Spinnen die Amerikaner? Oder haben sie Recht? Ist roher Grünkohl wirklich so gesund? Ein Interview mit Jasmin Schlieker, Ernährungsexpertin, über Grünkohlknappheit, das Revival der Pastinake und Maikäfersuppe.

Frau Schlieker, viele junge, coole Frauen und Männer essen in letzter Zeit »Kale« – rohen Grünkohl. In Deutschland kannte man bislang eigentlich nur »Grünkohl mit Pinkel«, also gekocht und mit Wurst. Ist das nicht viel gesünder?

Ja und Nein. Die Zugabe von etwas Fett zu Grünkohl ist wichtig, weil unser Körper die darin enthaltenen Carotinoide nur aufnehmen kann, wenn Fett mitgegessen wird. Andererseits ist die Wurst zu fettig. Sie enthält vor allem gesättigte Fettsäuren, die dem Herz-Kreislaufsystem schaden können. Besser wäre es eigentlich, den Grünkohl mit ungesättigten Fettsäuren zu essen, die in großen Mengen in Pflanzenölen, Nüssen und fettreichen Fischen wie Makrele oder Lachs vorkommen.

Ist das gefährlich, zuviel Rohkost ohne Fette zu sich zu nehmen?

Zu viel Rohkost kann man eigentlich gar nicht essen. Ein Zuviel an Vitaminen, Mineralstoffen und Spurenelementen scheidet der Körper einfach wieder aus. Die Zugabe von Fett ist aber wichtig, damit der Körper die fettlöslichen Vitamine A, D, E und K aus der Nahrung auch aufnehmen kann.

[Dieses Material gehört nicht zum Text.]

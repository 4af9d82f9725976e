-- ===== src/Compositor/Culling/Tests.antt =====
-- The theorems on visible views at three views on a small output.
use wlc.Base.{ℕ, ◌≡◌, refl, true, List, [], ◌∷◌, ltb, if◌then◌else◌}
use wlc.Base.Int.{pos, negsuc}
use wlc.Geometry.{Size}
use wlc.Compositor.Culling.{Clamp, Shape, get_visible_views}
use wlc.Compositor.Culling.Visible.{Painted, get_visible_views-Painted}

abbrev clamp : Clamp
clamp (pos n) low high = if ltb n low then low else if ltb high n then high else n
clamp (negsuc n) low high = low

abbrev shape : ℕ → ℕ → ℕ → Shape
shape h at extent = record {
  handle = h;
  is_shown = true;
  should_blit = true;
  opaque = record {
    origin = record { x = pos at; y = pos at };
    size = record { w = extent; h = extent };
  };
}

abbrev four : Size
four = record { w = 4; h = 4 }

-- The second view lies under the first one.
abbrev shapes : List Shape
shapes = shape 7 0 3 ∷ shape 8 1 1 ∷ shape 9 2 2 ∷ []

listed : (get_visible_views clamp four shapes).0 ≡ 9 ∷ 7 ∷ []
unfolding get_visible_views
listed = refl

get_visible_views-Painted_example :
    Painted clamp four [] shapes [] (get_visible_views clamp four shapes).0
get_visible_views-Painted_example = get_visible_views-Painted clamp four shapes
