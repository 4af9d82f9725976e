-- ===== src/Compositor/Frames.antt =====
-- src/compositor/output.c: the end of a frame with its tasks, and the idle timer.
use wlc.Base.{ℕ, Bool, true, false, not, none, some, List, [], ◌∷◌, if◌then◌else◌}
use wlc.Compositor.World.{
  Output, World, Task, no_task, drop_surface, set_surface, put, find_output, emit, emit_if,
  render_pre, render_view, render_post, render_pointer, render_clear, swap,
}
use wlc.Compositor.Output.{should_render, Floats, frame_finished, timer_fired, skip_frame, painted}
use wlc.Compositor.Surfaces.{Platform, set_surface_on}
use wlc.Compositor.Outputs.{output_terminate, set_sleep_on}

-- One field of the output of a handle is set.
abbrev pub on : ℕ → (Output → Output) → World → World
on h f w = elim (find_output h w.outputs) [ none ↦ w | some o ↦ put (f o) w ]

unfoldable pub task_surface : Platform → ℕ → Task → World → World
task_surface p h no_task w = w
task_surface p h drop_surface w =
    on h (λ o. record o { task_bsurface = no_task }) (set_surface_on p h none w)
task_surface p h (set_surface b) w =
    on h (λ o. record o { task_bsurface = no_task }) (set_surface_on p h (some b) w)

unfoldable pub task_sleep : ℕ → Bool → World → World
task_sleep h b w =
    if b then on h (λ o. record o { task_sleep = false }) (set_sleep_on true h w) else w

unfoldable pub task_terminate : Platform → ℕ → Bool → World → World
task_terminate p h b w =
    if b then on h (λ o. record o { task_terminate = false }) (output_terminate p h w) else w

abbrev pub read {ℓ} : {A : Type ℓ} → ℕ → (Output → A) → A → World → A
read h f a w = elim (find_output h w.outputs) [ none ↦ a | some o ↦ f o ]

unfoldable pub finish_frame_tasks : Platform → ℕ → World → World
unfolding task_surface task_sleep task_terminate
finish_frame_tasks p h w =
    let w1 = task_surface p h (read h (λ o. o.task_bsurface) no_task w) w in
    let w2 = task_sleep h (read h (λ o. o.task_sleep) false w1) w1 in
    task_terminate p h (read h (λ o. o.task_terminate) false w2) w2

-- `wlc_output_finish_frame` at a time of `sec` seconds and `nsec` nanoseconds.
unfoldable pub finish_frame : Platform → Floats → ℕ → ℕ → ℕ → World → World
unfolding finish_frame_tasks frame_finished
finish_frame p f sec nsec h w = finish_frame_tasks p h (on h (frame_finished f sec nsec) w)

render_views : ℕ → List ℕ → World → World
render_views h [] w = w
render_views h (v ∷ vs) w = render_views h vs (emit (render_view h v) w)

-- `repaint`, but for the drawing itself and the answers to the frame callbacks of the clients. The
-- argument `scene` is what `get_visible_views` finds: the visible views, the lowest
-- first, and whether the background is visible.
unfoldable pub repaint : Platform → (Output → List ℕ × Bool) → ℕ → World → Bool × World
unfolding should_render finish_frame_tasks skip_frame painted render_views
repaint p scene h w = elim (find_output h w.outputs) [
  | none ↦ (false, w)
  | some o ↦
      if not (should_render w.is_active o)
      then (false, finish_frame_tasks p h (put (skip_frame o) w))
      else if o.sleeping
      then (true, emit (swap h) (put (painted false o) (emit (render_clear h) w)))
      else let (visible, bg) = scene o in
        let w1 = emit_if bg (render_pre h) (emit (render_clear h) w) in
        let w2 = emit (render_pointer h) (emit (render_post h) (render_views h visible w1)) in
        (true, emit (swap h) (put (painted bg o) w2))
]

-- `cb_idle_timer`
unfoldable pub idle_timer : Platform → (Output → List ℕ × Bool) → ℕ → World → World
unfolding repaint timer_fired
idle_timer p scene h w = (repaint p scene h (on h timer_fired w)).1
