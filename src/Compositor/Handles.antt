-- ===== src/Compositor/Handles.antt =====
-- Outputs found and replaced by their handles.
use mathlib.Core.Path.{ap₂}
use wlc.Base.{
  ◌∙◌, ap, sym, ℕ, ◌≡◌, refl, inl, inr, Bool, false, none, some, List, [], ◌∷◌, arith, any,
  if◌then◌else◌, ◌==◌, Bool-cases,
}
use wlc.Compositor.World.{Output, find_output, put_output, handles}

pub handle-find_output :
    (h : ℕ) (os : List Output) (o : Output) → find_output h os ≡ some o → o.handle ≡ h
handle-find_output h [] o e = cc
handle-find_output h (x ∷ os) o e = ground (arith, handle-find_output h os o)

-- The output that a handle finds after a replacement.
pub find_output-put_output :
    (h : ℕ) (o : Output) (os : List Output)
    → find_output h (put_output o os) ≡ (
        if o.handle == h
        then elim (find_output h os) [ none ↦ none | some x ↦ some o ]
        else find_output h os)
find_output-put_output h o [] = ground arith
find_output-put_output h o (x ∷ os) = ground (arith, find_output-put_output h o os)

pub handles-put_output : (o : Output) (os : List Output) → handles (put_output o os) ≡ handles os
handles-put_output o [] = refl
handles-put_output o (x ∷ os) = ground (arith, handles-put_output o os)

-- No two outputs have one handle.
abbrev pub Distinct : List Output → Type 0
Distinct [] = Unit {0}
Distinct (o ∷ os) = (find_output o.handle os ≡ none) × Distinct os

pub put_output-Distinct : (o : Output) (os : List Output) → Distinct os → Distinct (put_output o os)
put_output-Distinct o [] d = tt
put_output-Distinct o (x ∷ os) d =
    (ground (arith, find_output-put_output x.handle o os), put_output-Distinct o os d.1)

-- A test that fails at every output that a handle finds fails at every output.
pub any-eq_false :
    (p : Output → Bool) (os : List Output)
    → Distinct os
    → ((h : ℕ) (o : Output) → find_output h os ≡ some o → p o ≡ false)
    → any p os ≡ false
any-eq_false p [] d f = refl
any-eq_false p (x ∷ os) d f =
    rw (f x.handle x (ground arith))
      (any-eq_false p os d.1 (λ h o e. f h o (ground (arith, e, d.0))))

pub any-find_output :
    (p : Output → Bool) (os : List Output) (h : ℕ) (o : Output)
    → any p os ≡ false
    → find_output h os ≡ some o
    → p o ≡ false
any-find_output p [] h o a e = cc
any-find_output p (x ∷ os) h o a e = ground (arith, any-find_output p os h o)

put_absent : (o : Output) (os : List Output) → find_output o.handle os ≡ none → put_output o os ≡ os
put_absent o [] e = refl
put_absent o (x ∷ os) e = elim (Bool-cases (x.handle == o.handle)) [
  | inl y ↦ absurd (ground (arith, e, y))
  | inr n ↦ rw n (ap (◌∷◌ x) (put_absent o os (ground (arith, e, n))))
]

-- An output that is replaced by itself.
pub put_self :
    (o : Output) (os : List Output)
    → find_output o.handle os ≡ some o
    → Distinct os
    → put_output o os ≡ os
put_self o [] e d = refl
put_self o (x ∷ os) e d = elim (Bool-cases (x.handle == o.handle)) [
  | inl y ↦
      let same_output : x ≡ o = ground (arith, e, y) in
      rw y (ap₂ ◌∷◌ (sym same_output) (put_absent o os (ground (arith, y, d.0))))
  | inr n ↦ rw n (ap (◌∷◌ x) (put_self o os (ground (arith, e, n)) d.1))
]

-- The same, for a handle that is there.
pub find_output-put_found :
    (k : ℕ) (o x : Output) (os : List Output)
    → find_output o.handle os ≡ some x
    → find_output k (put_output o os) ≡ (if o.handle == k then some o else find_output k os)
find_output-put_found k o x os e = elim (Bool-cases (o.handle == k)) [
  | inl y ↦
      let same_handle : k ≡ o.handle = ground (arith, y) in
      let there : find_output k os ≡ some x = ap (λ (j : ℕ). find_output j os) same_handle ∙ e in
      ground (arith, find_output-put_output k o os, y, there)
  | inr n ↦ ground (arith, find_output-put_output k o os, n)
]
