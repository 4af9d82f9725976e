-- ===== src/Compositor/Handshake.antt =====
-- src/compositor/compositor.c: the handshake with the session when the virtual terminal is given up.
pub mod Immediate
pub mod Pending
pub mod Completion
use wlc.Base.{
  ◌||◌, ℕ, ◌+◌, ◌≡◌, ◌≢◌, ◌⊎◌, inl, inr, refl, ap, sym, ◌∙◌, Bool, true, false, not, Option, none,
  some, List, [], ◌∷◌, ◌++◌, arith, any, if◌then◌else◌, ◌==◌, Bool-cases, Option-cases, contains,
}
use wlc.Compositor.World.{
  Output, World, TtyState, idle, activating, deactivating, Event, fd_deactivate, context_destroyed,
  find_output, put_output, put, handles, for_each, emit_if, emit, no_surface, drop_surface,
}
use wlc.Compositor.Handles.{
  put_self, handle-find_output, find_output-put_found, handles-put_output, Distinct,
  put_output-Distinct, any-eq_false, any-find_output,
}
use wlc.Compositor.Output.{cancel_repaint}
use wlc.Compositor.Tty.{has_surface, deactivate_tty, respond_tty_activate}
use wlc.Compositor.Surfaces.{Platform, released, set_no_surface, set_surface_on}
use wlc.Compositor.Outputs.{deactivate_event}

-- How often `wlc_fd_deactivate` was called.
unfoldable pub deactivations : List Event → ℕ
deactivations [] = 0
deactivations (fd_deactivate ∷ es) = 1 + deactivations es
deactivations (_ ∷ es) = deactivations es

deactivations-append :
    (es fs : List Event) → deactivations (es ++ fs) ≡ deactivations es + deactivations fs
unfolding deactivations
deactivations-append [] fs = omega arith
deactivations-append (fd_deactivate ∷ es) fs = omega (arith, deactivations-append es fs)
deactivations-append (_ ∷ es) fs = deactivations-append es fs

-- The terminal is still to be given up, or was given up once, when no output had a surface:
-- `n` calls of `wlc_fd_deactivate` before, `vt` the terminal to switch to.
abbrev pub Waiting : ℕ → ℕ → World → Type 0
Waiting n vt w = (w.tty ≡ deactivating) × (w.vt ≡ vt) × (deactivations w.events ≡ n)

abbrev pub GivenUp : ℕ → ℕ → World → Type 0
GivenUp n vt w =
    (w.tty ≡ idle)
    × (any has_surface w.outputs ≡ false)
    × (deactivations w.events ≡ n + (if vt == 0 then 1 else 0))
    × ((w.idle_vt || vt == 0) ≡ true)

pub deactivate_tty-Waiting :
    (n vt : ℕ) (w : World)
    → Waiting n vt w
    → (Waiting n vt (deactivate_tty w)
        × (any has_surface w.outputs ≡ true)
        × (deactivate_tty w ≡ w))
      ⊎ (GivenUp n vt (deactivate_tty w)
          × (any has_surface w.outputs ≡ false)
          × ((deactivate_tty w).outputs ≡ w.outputs))
unfolding deactivate_tty deactivations
deactivate_tty-Waiting n vt w (t, v, c) =
    ground (arith, deactivations-append w.events (fd_deactivate ∷ []))

pub outputs-respond_tty_activate : (w : World) → (respond_tty_activate w).outputs ≡ w.outputs
unfolding respond_tty_activate
outputs-respond_tty_activate w = ground arith

-- The output that the call with NULL leaves behind.
pub without_surface : Output → Output
without_surface o =
    if o.bsurface.display == 0
    then o
    else if o.pending
    then record o { task_bsurface = drop_surface }
    else cancel_repaint (released o)

pub outputs-set_no_surface :
    (w : World) (o : Output)
    → Distinct w.outputs
    → find_output o.handle w.outputs ≡ some o
    → (set_no_surface w o).outputs ≡ put_output (without_surface o) w.outputs
unfolding set_no_surface without_surface
outputs-set_no_surface w o d e = elim (Bool-cases (o.bsurface.display == 0)) [
  | inl y ↦ rw y (sym (put_self o w.outputs e d))
  | inr n ↦ elim (Bool-cases o.pending) [
    | inl y ↦ rw (n, y)
    | inr m ↦ elim (Bool-cases o.created) [
      | inl c ↦ rw (n, m, c, outputs-respond_tty_activate)
      | inr c ↦ rw (n, m, c, outputs-respond_tty_activate)
    ]
  ]
]

pub handle-without_surface : (o : Output) → (without_surface o).handle ≡ o.handle
unfolding without_surface cancel_repaint released
handle-without_surface o = ground arith

pub pending-without_surface : (o : Output) → (without_surface o).pending ≡ o.pending
unfolding without_surface cancel_repaint released
pending-without_surface o = ground arith

pub has_surface-without_surface :
    (o : Output) → has_surface (without_surface o) ≡ (if o.pending then has_surface o else false)
unfolding without_surface cancel_repaint released
has_surface-without_surface o = ground arith

-- The calls that give up the surfaces keep the handshake where it is, or end it.
respond-Status :
    (n vt : ℕ) (w : World)
    → Waiting n vt w
    → Waiting n vt (respond_tty_activate w) ⊎ GivenUp n vt (respond_tty_activate w)
unfolding respond_tty_activate deactivations
respond-Status n vt w (t, v, c) =
    rw (t, respond_tty_activate) (split (deactivate_tty-Waiting n vt w (t, v, c)))
  where
    split :
        (Waiting n vt (deactivate_tty w)
            × (any has_surface w.outputs ≡ true)
            × (deactivate_tty w ≡ w))
          ⊎ (GivenUp n vt (deactivate_tty w)
              × (any has_surface w.outputs ≡ false)
              × ((deactivate_tty w).outputs ≡ w.outputs))
        → Waiting n vt (deactivate_tty w) ⊎ GivenUp n vt (deactivate_tty w)
    split (inl (a, b, c)) = inl a
    split (inr (a, b, c)) = inr a

abbrev pub Status : ℕ → ℕ → World → Type 0
Status n vt w = Waiting n vt w ⊎ GivenUp n vt w

pub set_no_surface-Status :
    (n vt : ℕ) (w : World) (o : Output)
    → find_output o.handle w.outputs ≡ some o
    → Status n vt w
    → Status n vt (set_no_surface w o)
unfolding set_no_surface deactivations
set_no_surface-Status n vt w o e (inr (t, a, c, i)) =
    let none_left : has_surface o ≡ false = any-find_output has_surface w.outputs o.handle o a e in
    ground (arith, none_left)
set_no_surface-Status n vt w o e (inl (t, v, c)) = elim (Bool-cases (o.bsurface.display == 0)) [
  | inl y ↦ rw y (inl (t, v, c))
  | inr z ↦ elim (Bool-cases o.pending) [
    | inl y ↦ rw (z, y) (inl (t, v, c))
    | inr m ↦ elim (Bool-cases o.created) [
      | inl y ↦
          rw (z, m, y)
            (respond-Status n vt _ (
              t,
              v,
              omega (arith, deactivations-append w.events (context_destroyed o.handle ∷ [])),
            ))
      | inr y ↦ rw (z, m, y) (respond-Status n vt _ (t, v, c))
    ]
  ]
]

-- No output waits for the end of a frame.
abbrev pub Calm : World → Type 0
Calm w = (h : ℕ) (o : Output) → find_output h w.outputs ≡ some o → o.pending ≡ false

pub set_surface_on-none :
    (p : Platform) (h : ℕ) (w : World) (o : Output)
    → find_output h w.outputs ≡ some o
    → set_surface_on p h none w ≡ set_no_surface w o
unfolding set_surface_on
set_surface_on-none p h w o e = rw (e, set_surface_on)

pub set_surface_on-missing :
    (p : Platform) (h : ℕ) (w : World)
    → find_output h w.outputs ≡ none
    → set_surface_on p h none w ≡ w
unfolding set_surface_on
set_surface_on-missing p h w e = rw (e, set_surface_on)

pub find-cleared :
    (w : World) (o : Output) (k : ℕ)
    → find_output o.handle w.outputs ≡ some o
    → Distinct w.outputs
    → find_output k (set_no_surface w o).outputs
      ≡ (if o.handle == k then some (without_surface o) else find_output k w.outputs)
find-cleared w o k e d =
    ap (find_output k) (outputs-set_no_surface w o d e)
    ∙ find_output-put_found k (without_surface o) o w.outputs
        (ap (λ (j : ℕ). find_output j w.outputs) (handle-without_surface o) ∙ e)
    ∙ ap (λ (j : ℕ). if j == k then some (without_surface o) else find_output k w.outputs)
        (handle-without_surface o)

Vor ein paar Jahren kam Rucola auf – vormals als Rauke bei unserer Oma auf dem Speiseplan und im Garten –, danach wanderte Bärlauch – vormals Arme-Leute-Knoblauch genannt ­– von den Wiesen auf den Tisch. Wie erklären Sie sich die überraschende Beliebtheit von Grünkohl?

Grundsätzlich entstehen solche Trends in der Ernährung und Kulinarik besonders von den Wünschen der Verbraucher beeinflusst. Es gibt zur Zeit einen regelrechten Boom hinsichtlich vegetarischer und veganer Ernährung. Sie spielen auf Rauke und Bärlauch an, vergessene Lebensmittel, die nach langer Zeit wieder einen Hype erfahren und wieder Einzug in unsere Kochtöpfe halten: Pastinaken, Steckrüben und Schwarzwurzeln sind auch solche Beispiele. Ebenfalls angesagt ist es, auf regionale, saisonale und biologisch erzeugte Produkte zu setzen. Grünkohl vereint also gleich mehrere Essenstrends auf sich: Er ist ein veganes, vergessenes und regionales Lebensmittel.

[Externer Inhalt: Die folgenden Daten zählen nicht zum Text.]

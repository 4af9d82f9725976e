-- ===== src/Compositor/Given.antt =====
-- src/compositor/output.c: the call that gives an output a surface or takes it leaves in the output
-- what `surface_given` and `surface_taken` tell.
use wlc.Base.{
  ◌∙◌, ap, ℕ, ◌≡◌, inl, inr, Bool, true, false, Option, none, some, List, arith, ◌==◌, Bool-cases,
}
use wlc.Compositor.World.{
  Output, Bsurface, World, drop_surface, set_surface, put, put_output, find_output, emit_if,
  context_created, context_destroyed,
}
use wlc.Compositor.Handles.{handle-find_output, find_output-put_output}
use wlc.Compositor.Handshake.{outputs-respond_tty_activate}
use wlc.Compositor.Output.{schedule_repaint, cancel_repaint}
use wlc.Compositor.Surfaces.{
  Platform, released, reattach, surface_taken, surface_given, set_no_surface, replace_surface,
  set_some_surface, set_backend_surface, set_surface_on,
}

-- The output of the handle is as given, and is found again after it is replaced.
found_again :
    (h : ℕ) (o o' : Output) (os : List Output)
    → find_output h os ≡ some o
    → o'.handle ≡ h
    → find_output h (put_output o' os) ≡ some o'
found_again h o o' os e i = ground (arith, find_output-put_output h o' os, e, i)

outputs-emit_if :
    (b : Bool) (w : World) (h : ℕ) → (emit_if b (context_destroyed h) w).outputs ≡ w.outputs
outputs-emit_if b w h = ground arith

find_output-set_no_surface :
    (h : ℕ) (w : World) (o : Output)
    → find_output h w.outputs ≡ some o
    → find_output h (set_no_surface w o).outputs ≡ some (surface_taken o)
unfolding set_no_surface surface_taken released cancel_repaint
find_output-set_no_surface h w o e =
    let i = handle-find_output h w.outputs o e in
    let w' = put (cancel_repaint (released o)) (emit_if o.created (context_destroyed o.handle) w) in
    ground (
      arith,
      e,
      found_again h o (record o { task_bsurface = drop_surface }) w.outputs e i,
      found_again h o (cancel_repaint (released o)) w.outputs e i,
      outputs-emit_if o.created w o.handle,
      outputs-respond_tty_activate w',
    )

-- The handles stay as they are.
handle-reattach : (p : Platform) (o : Output) → (reattach p o).handle ≡ o.handle
unfolding reattach schedule_repaint
handle-reattach p o = ground arith

module _ (p : Platform) (h : ℕ) (w : World) (o : Output) (b : Bsurface)
    (e : find_output h w.outputs ≡ some o) where
  bare : Output
  bare = record (released o) { bsurface = b }

  i : o.handle ≡ h
  i = handle-find_output h w.outputs o e

  replaced :
      o.bsurface.display == b.display ≡ false
      → o.pending ≡ false
      → find_output h (replace_surface p w o b).1.outputs ≡ some (surface_given p b o)
  unfolding replace_surface surface_given released bare
  replaced n m =
      let w' = emit_if o.created (context_destroyed o.handle) w in
      let ready = reattach p (record bare { context = true }) in
      let w2 = emit_if o.created (context_created o.handle) (put ready w') in
      let same : w'.outputs ≡ w.outputs = outputs-emit_if o.created w o.handle in
      let fallen : find_output h (put bare w').outputs ≡ some bare =
        ap (λ (os : List Output). find_output h (put_output bare os)) same
        ∙ found_again h o bare w.outputs e i in
      ground (
        arith,
        n,
        m,
        find_output-set_no_surface h (put bare w') bare fallen,
        found_again h o ready w.outputs e,
        handle-reattach p (record bare { context = true }),
        i,
        same,
        outputs-respond_tty_activate w2,
      )

  given : find_output h (set_some_surface p w o b).1.outputs ≡ some (surface_given p b o)
  unfolding set_some_surface surface_given
  given = elim (Bool-cases (o.bsurface.display == b.display)) [
    | inl y ↦ ground (arith, y, e)
    | inr n ↦ elim (Bool-cases o.pending) [
      | inl y ↦
          ground (
            arith,
            n,
            y,
            found_again h o (record o { task_bsurface = set_surface b }) w.outputs e i,
          )
      | inr m ↦ ground (arith, n, m, replaced n m)
    ]
  ]

-- What the call on the output of a handle leaves in that output.
pub after_call : Platform → Option Bsurface → Output → Output
after_call p none o = surface_taken o
after_call p (some b) o = surface_given p b o

find_output-set_backend_surface :
    (p : Platform) (h : ℕ) (w : World) (o : Output) (b : Option Bsurface)
    → find_output h w.outputs ≡ some o
    → find_output h (set_backend_surface p w o b).1.outputs ≡ some (after_call p b o)
unfolding set_backend_surface after_call
find_output-set_backend_surface p h w o none e = find_output-set_no_surface h w o e
find_output-set_backend_surface p h w o (some b) e = given p h w o b e

pub find_output-set_surface_on :
    (p : Platform) (h : ℕ) (b : Option Bsurface) (w : World) (o : Output)
    → find_output h w.outputs ≡ some o
    → find_output h (set_surface_on p h b w).outputs ≡ some (after_call p b o)
unfolding set_surface_on
find_output-set_surface_on p h b w o e =
    ap
      (λ (q : Option Output).
        find_output h
          (elim q as (λ r. World) [ none ↦ w | some x ↦ (set_backend_surface p w x b).1 ]).outputs)
      e
    ∙ find_output-set_backend_surface p h w o b e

Es gibt schon eine Grünkohl-Knappheit!

Das liegt daran, dass Grünkohl ein klassisches Wintergemüse ist. Es gibt aber bereits Züchtungen, die ab September geerntet werden können.

US-Schauspielerinnen tragen T-Shirts, auf denen »KALE« steht, grünes Smoothies sind in, Michelle Obama schlürft Grünkohl-Shakes, es gibt Bücher, die Grünkohl als »das gesündeste Lebensmittel der Welt« anpreisen. Wie kann so ein schnödes Gemüse wie Kohl so einen Glamourfaktor bekommen?

Schon vor dreißig Jahren wurde auf Frauenzeitschriften mit der Ananas-Diät, Gurken-Abspeck-Kur oder ähnlichem geworben. Es ist so schön einfach, den Menschen zu versprechen, wenn ihr nur viel von diesem Lebensmittel esst, werdet ihr schlank, schön und gesund werden. Natürlich kann man mit einer kalorienreduzierten Diät, die etwa viele Rezepte mit Gurken liefert, gut abnehmen – zeitlich begrenzt. Danach sollte man wieder ausgewogen essen. Generell sollte man sich gesund, ausgewogen und möglichst natürlich ernähren. Diese Empfehlung klingt allerdings nicht so ansprechend und verkauft sich auch nicht so gut wie »Grünkohl – das gesündeste Lebensmittel der Welt«. Obwohl ich zugeben muss, dass Grünkohl wirklich ein sehr gesundes, vitalstoffreiches Gemüse ist.

Was für eine Halbwertszeit haben solche Trends?

Essentrends verschwinden nicht unbedingt wieder. Der Trend, sich vegetarisch zu ernähren, steigt zum Beispiel stetig an. Der große Hype um Sushi, als alle nur noch rohen Fisch auf Reis essen wollten, hielt etwa zwei Jahre an. Zur Zeit sprießen Burger-Läden, die qualitativ hochwertiges Fleisch zwischen Brötchenhälften anbieten, aus dem Boden. Menschen sind neugierig, auch kulinarisch.

Was sagt das über unsere Zeit aus?

Das zeigt, dass sich unser Geschmack schnell ändert. Wir ständig Lust haben, Neues auszuprobieren und von Altem rasch gelangweilt sind.

Was kommt nach dem Grünkohl?

Wer weiß, vielleicht essen wir bald alle marinierte, gegrillte oder geröstete Insekten. Die sind sehr eiweißreich und dienen besonders in Entwicklungsländern der Nahrungsaufnahme. Übrigens wäre das ein Trend, der auch schon früher Anklang fand. Im 19. Jahrhundert war zum Beispiel Maikäfersuppe in Deutschland ein beliebtes Rezept.